(INFORMATION PROVIDED begins)
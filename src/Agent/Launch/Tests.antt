-- ===== src/Agent/Launch/Tests.antt =====
-- A launch beyond the configured sessions, which borrows from the warm pool.
use base_layer.Base.{
  ℕ, ◌+◌, ◌≤◌, Bool, true, false, Option, none, some, List, [], ◌∷◌, String, ◌≡◌, ◌≢◌, ◌⊎◌, refl,
  arith, length, includes, eq_iff,
}
use base_layer.Base.Dict.{lookup}
use base_layer.Agent.Launch.{Launches, idle_launches, LaunchMove, launch_move, LaunchReachable}
use base_layer.Agent.Launch.Laws.{launch-within_capacity}
use base_layer.Agent.Launch.Containers.{overrun, launch-overruns}

abbrev no_machine : String → Bool
no_machine id = false

-- One session allowed, a pool of one.
abbrev one : LaunchMove → Launches → Launches
one = launch_move true 1 1 35000

abbrev first : Launches
first = one (LaunchMove.begins "a" 10 no_machine) (one LaunchMove.fills_warm idle_launches)

abbrev second : Launches
second = one (LaunchMove.begins "b" 50000 no_machine) first

second-Reachable : LaunchReachable true 1 1 35000 second
unfolding idle_launches includes launch_move
second-Reachable =
    LaunchReachable.then_move
      (LaunchReachable.then_move
        (LaunchReachable.then_move LaunchReachable.start LaunchMove.fills_warm (omega arith))
        (LaunchMove.begins "a" 10 no_machine) refl)
      (LaunchMove.begins "b" 50000 no_machine) refl

launch-within_capacity_example :
    (length second.sessions + length second.reservations ≤ 1 + 1)
    × ((includes second.launching "a" ≡ false) ⊎ (lookup "a" second.reservations ≢ none))
launch-within_capacity_example = launch-within_capacity 1 1 35000 {s = second} "a" second-Reachable

-- The first launch has taken longer than the threshold and keeps its reservation.
both : second.reservations ≡ ("a", 10) ∷ ("b", 50000) ∷ []
unfolding launch_move idle_launches base_layer.Base.Dict.insert includes
both = refl

launch-overruns_example :
    LaunchReachable false 1 1 35000 (overrun 1 35000 "a" "b" 10 50000 no_machine)
    × (length (overrun 1 35000 "a" "b" 10 50000 no_machine).sessions ≡ 2)
launch-overruns_example =
    launch-overruns 1 35000 "a" "b" 10 50000 no_machine (λ e. ground (arith, (eq_iff "a" "b").1 e))
      refl (omega arith)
(INFORMATION PROVIDED ends)
▸ **ASSIGNMENT**: All lines from the one that holds "abbrev one : LaunchMove → Launches → Launches" to the end of the entries above must be transcribed exactly, both ends included, and no others.

▸ **EXERCISE RESPONSE**:
abbrev one : LaunchMove → Launches → Launches
one = launch_move true 1 1 35000

abbrev first : Launches
first = one (LaunchMove.begins "a" 10 no_machine) (one LaunchMove.fills_warm idle_launches)

abbrev second : Launches
second = one (LaunchMove.begins "b" 50000 no_machine) first

second-Reachable : LaunchReachable true 1 1 35000 second
unfolding idle_launches includes launch_move
second-Reachable =
    LaunchReachable.then_move
      (LaunchReachable.then_move
        (LaunchReachable.then_move LaunchReachable.start LaunchMove.fills_warm (omega arith))
        (LaunchMove.begins "a" 10 no_machine) refl)
      (LaunchMove.begins "b" 50000 no_machine) refl

launch-within_capacity_example :
    (length second.sessions + length second.reservations ≤ 1 + 1)
    × ((includes second.launching "a" ≡ false) ⊎ (lookup "a" second.reservations ≢ none))
launch-within_capacity_example = launch-within_capacity 1 1 35000 {s = second} "a" second-Reachable

-- The first launch has taken longer than the threshold and keeps its reservation.
both : second.reservations ≡ ("a", 10) ∷ ("b", 50000) ∷ []
unfolding launch_move idle_launches base_layer.Base.Dict.insert includes
both = refl

launch-overruns_example :
    LaunchReachable false 1 1 35000 (overrun 1 35000 "a" "b" 10 50000 no_machine)
    × (length (overrun 1 35000 "a" "b" 10 50000 no_machine).sessions ≡ 2)
launch-overruns_example =
    launch-overruns 1 35000 "a" "b" 10 50000 no_machine (λ e. ground (arith, (eq_iff "a" "b").1 e))
      refl (omega arith)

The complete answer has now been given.